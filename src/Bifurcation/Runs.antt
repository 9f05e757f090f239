-- ===== src/Bifurcation/Runs.antt =====
-- Any sequence of calls on the airlock of crates/trust-kernel/src/bifurcation.rs.
use spaceshuttle.Prelude.{ℕ, ◌≡◌, refl, ◌∙◌, List, [], ◌∷◌, String}
use spaceshuttle.Bifurcation.Types.{ClearanceLevel, EncryptedBlock, JisClaim}
use spaceshuttle.Bifurcation.Crypto.{Crypto, IsLawful}
use spaceshuttle.Bifurcation.Airlock.{
  AirlockBifurcation, Moment, seal, seal_session, open_block, rotate_session,
}
use spaceshuttle.Bifurcation.Keys.{IsSound, seal-IsSound, seal_session-IsSound}
use spaceshuttle.Bifurcation.Opening.{open_block-IsSound}
use spaceshuttle.Bifurcation.Batch.{seal_batch, open_batch}
use spaceshuttle.Bifurcation.BatchKeys.{seal_batch-IsSound, open_batch-IsSound}

pub data Call : Type 0 where
  seal_one seal_in_session : Moment → List ℕ → ℕ → ClearanceLevel → String → Call
  open_one : Moment → EncryptedBlock → JisClaim → Call
  seal_many : Moment → List (List ℕ × Moment) → ClearanceLevel → String → Call
  open_many : List EncryptedBlock → JisClaim → Call
  rotate : Call

module _ (c : Crypto) where
  unfoldable pub step : AirlockBifurcation → Call → AirlockBifurcation
  unfolding seal seal_session open_block seal_batch open_batch rotate_session
  step s (seal_one m plaintext block_index level by) = (seal c s m plaintext block_index level by).0
  step s (seal_in_session m plaintext block_index level by) =
      (seal_session c s m plaintext block_index level by).0
  step s (open_one m block claim) = (open_block c s m block claim).0
  step s (seal_many m items level by) = (seal_batch c s m items level by).0
  step s (open_many blocks claim) = (open_batch c s blocks claim).0
  step s rotate = rotate_session s

  unfoldable pub run : AirlockBifurcation → List Call → AirlockBifurcation
  unfolding step
  run s [] = s
  run s (call ∷ rest) = run (step s call) rest

  module _ (law : IsLawful c) where
    step-IsSound :
        (s : AirlockBifurcation) (call : Call)
        → IsSound c s
        → IsSound c (step s call) × ((step s call).system_secret ≡ s.system_secret)
    unfolding step seal_batch
    step-IsSound s (seal_one m plaintext block_index level by) h =
        (seal-IsSound c law s m plaintext block_index level by h, refl)
    step-IsSound s (seal_in_session m plaintext block_index level by) h =
        (seal_session-IsSound c law s m plaintext block_index level by h, refl)
    step-IsSound s (open_one m block claim) h = open_block-IsSound c s m block claim h
    step-IsSound s (seal_many m items level by) h =
        (seal_batch-IsSound c s m items level by law h, refl)
    step-IsSound s (open_many blocks claim) h = open_batch-IsSound c s blocks claim h
    step-IsSound s rotate h = (record { own = h.own; cached = h.cached; live = tt }, refl)

    -- Under the laws of the cryptography: whatever is called on a sound airlock, it stays sound
    -- (its public key, its cached keys and the secret of its session are those that the holder of
    -- the secret derives) and keeps its secret.
    pub run-IsSound :
        (s : AirlockBifurcation) (calls : List Call)
        → IsSound c s
        → IsSound c (run s calls) × ((run s calls).system_secret ≡ s.system_secret)
    unfolding run
    run-IsSound s [] h = (h, refl)
    run-IsSound s (call ∷ rest) h =
        let (sound, kept) = step-IsSound s call h in
        let (sound', kept') = run-IsSound (step s call) rest sound in (sound', kept' ∙ kept)
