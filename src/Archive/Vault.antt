-- ===== src/Archive/Vault.antt =====
-- crates/trust-kernel/src/archivaris.rs: the vault, blocks that are encrypted by the airlock. A panic of
-- `open` is a result of its own.
use spaceshuttle.Prelude.{ℕ, List, [], ◌∷◌, ◌++◌, String, none, some, length, get_elem?}
use spaceshuttle.Prelude.Text.{format, decimal}
use spaceshuttle.Bifurcation.Types.{
  ClearanceLevel, as_str, JisClaim, EncryptedBlock, BifurcationResult, sealed, opened,
  access_denied, claim_invalid, integrity_failed, crypto_error, panicked,
}
use spaceshuttle.Bifurcation.Crypto.{Crypto}
use spaceshuttle.Bifurcation.Airlock.{AirlockBifurcation, Moment, seal, open_block}
use spaceshuttle.Archive.Archivaris.{Archivaris, ArchiveEntry, append}

pub data VaultStoreResult : Type 0 where
  -- block_index, encrypt_us, key_derive_us
  vault_sealed : ℕ → ℕ → ℕ → VaultStoreResult
  vault_failed : String → VaultStoreResult

pub data VaultRetrieveResult : Type 0 where
  -- plaintext, decrypt_us, key_derive_us
  vault_opened : List ℕ → ℕ → ℕ → VaultRetrieveResult
  -- required, presented, identity
  vault_denied : ClearanceLevel → ClearanceLevel → String → VaultRetrieveResult
  vault_claim_invalid : String → VaultRetrieveResult
  vault_integrity_failed : ℕ → VaultRetrieveResult
  not_found : ℕ → VaultRetrieveResult
  retrieve_failed : String → VaultRetrieveResult
  retrieve_panicked : VaultRetrieveResult

-- An entry of the vault's log, numbered by the length of the archive.
abbrev pub entry : Archivaris → String → String → String → String → ℕ → ArchiveEntry
entry a intent from_aint result tibet_token_type timestamp_ns = record {
  seq = length a.archive;
  intent = intent;
  from_aint = from_aint;
  result = result;
  tibet_token_type = tibet_token_type;
  timestamp_ns = timestamp_ns;
}

abbrev pub airlock : Archivaris → AirlockBifurcation → Archivaris
airlock a bifurcation = record a { bifurcation = bifurcation }

unfoldable pub sealed_entry : Archivaris → ℕ → ClearanceLevel → String → Moment → ℕ → ArchiveEntry
unfolding decimal as_str
sealed_entry a block_index clearance stored_by m elapsed_ns =
    entry a (format ("vault_store_block_" ∷ decimal block_index ∷ [])) stored_by
      (format (
        "Sealed: block="
        ∷ decimal block_index
        ∷ " clearance="
        ∷ as_str clearance
        ∷ " encrypt="
        ∷ decimal m.crypt_us
        ∷ "us"
        ∷ []))
      "VAULT_SEAL" elapsed_ns

unfoldable pub opened_entry : Archivaris → ℕ → String → JisClaim → Moment → ℕ → ArchiveEntry
unfolding decimal as_str
opened_entry a block_index opened_by claim m elapsed_ns =
    entry a (format ("vault_retrieve_block_" ∷ decimal block_index ∷ [])) opened_by
      (format (
        "Opened: block="
        ∷ decimal block_index
        ∷ " by="
        ∷ opened_by
        ∷ " clearance="
        ∷ as_str claim.clearance
        ∷ " decrypt="
        ∷ decimal m.crypt_us
        ∷ "us"
        ∷ []))
      "VAULT_OPEN" elapsed_ns

unfoldable pub denied_entry :
    Archivaris → ℕ → ClearanceLevel → ClearanceLevel → String → ℕ → ArchiveEntry
unfolding decimal as_str
denied_entry a block_index required presented identity elapsed_ns =
    entry a (format ("vault_retrieve_DENIED_block_" ∷ decimal block_index ∷ [])) identity
      (format (
        "ACCESS DENIED: block="
        ∷ decimal block_index
        ∷ " required="
        ∷ as_str required
        ∷ " presented="
        ∷ as_str presented
        ∷ " identity="
        ∷ identity
        ∷ []))
      "VAULT_DENIED" elapsed_ns

-- The block is stored, and that is logged.
unfoldable pub kept :
    Archivaris → EncryptedBlock → ClearanceLevel → String → Moment → ℕ → Archivaris
unfolding sealed_entry
kept a block clearance stored_by m elapsed_ns =
    append (record a { vault = a.vault ++ block ∷ [] })
      (sealed_entry a (length a.vault) clearance stored_by m elapsed_ns)

-- What follows the sealing.
unfoldable pub stored :
    Archivaris
    → BifurcationResult
    → ClearanceLevel
    → String
    → Moment
    → ℕ
    → Archivaris × VaultStoreResult
unfolding kept
stored a (sealed block) clearance stored_by m elapsed_ns = (
  kept a block clearance stored_by m elapsed_ns,
  vault_sealed (length a.vault) m.crypt_us m.key_derive_us,
)
stored a _ clearance stored_by m elapsed_ns = (a, vault_failed "Bifurcation seal failed")

-- What follows the opening.
unfoldable pub retrieved :
    Archivaris → BifurcationResult → ℕ → JisClaim → Moment → ℕ → Archivaris × VaultRetrieveResult
unfolding opened_entry denied_entry
retrieved a (opened plaintext opened_by) block_index claim m elapsed_ns = (
  append a (opened_entry a block_index opened_by claim m elapsed_ns),
  vault_opened plaintext m.crypt_us m.key_derive_us,
)
retrieved a (access_denied required presented identity) block_index claim m elapsed_ns = (
  append a (denied_entry a block_index required presented identity elapsed_ns),
  vault_denied required presented identity,
)
retrieved a (claim_invalid reason) block_index claim m elapsed_ns = (a, vault_claim_invalid reason)
retrieved a (integrity_failed expected got) block_index claim m elapsed_ns =
    (a, vault_integrity_failed block_index)
retrieved a panicked block_index claim m elapsed_ns = (a, retrieve_panicked)
retrieved a (sealed block) block_index claim m elapsed_ns =
    (a, retrieve_failed "Unexpected bifurcation result")
retrieved a (crypto_error reason) block_index claim m elapsed_ns =
    (a, retrieve_failed "Unexpected bifurcation result")

module _ (c : Crypto) where
  unfoldable pub vault_store :
      Archivaris → Moment → List ℕ → ClearanceLevel → String → ℕ → Archivaris × VaultStoreResult
  unfolding seal stored
  vault_store a m bytes clearance stored_by elapsed_ns =
      let (bifurcation, result) =
        seal c a.bifurcation m bytes (length a.vault) clearance stored_by in
      stored (airlock a bifurcation) result clearance stored_by m elapsed_ns

  unfoldable pub vault_retrieve :
      Archivaris → Moment → ℕ → JisClaim → ℕ → Archivaris × VaultRetrieveResult
  unfolding open_block retrieved
  vault_retrieve a m block_index claim elapsed_ns = elim (get_elem? a.vault block_index) [
    | none ↦ (a, not_found block_index)
    | some block ↦
        let (bifurcation, result) = open_block c a.bifurcation m block claim in
        retrieved (airlock a bifurcation) result block_index claim m elapsed_ns
  ]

══════════════════════════════

BRIEF
The answer should be one number, the count of lines in the data that include the string "crates".

TASK SOLUTION
2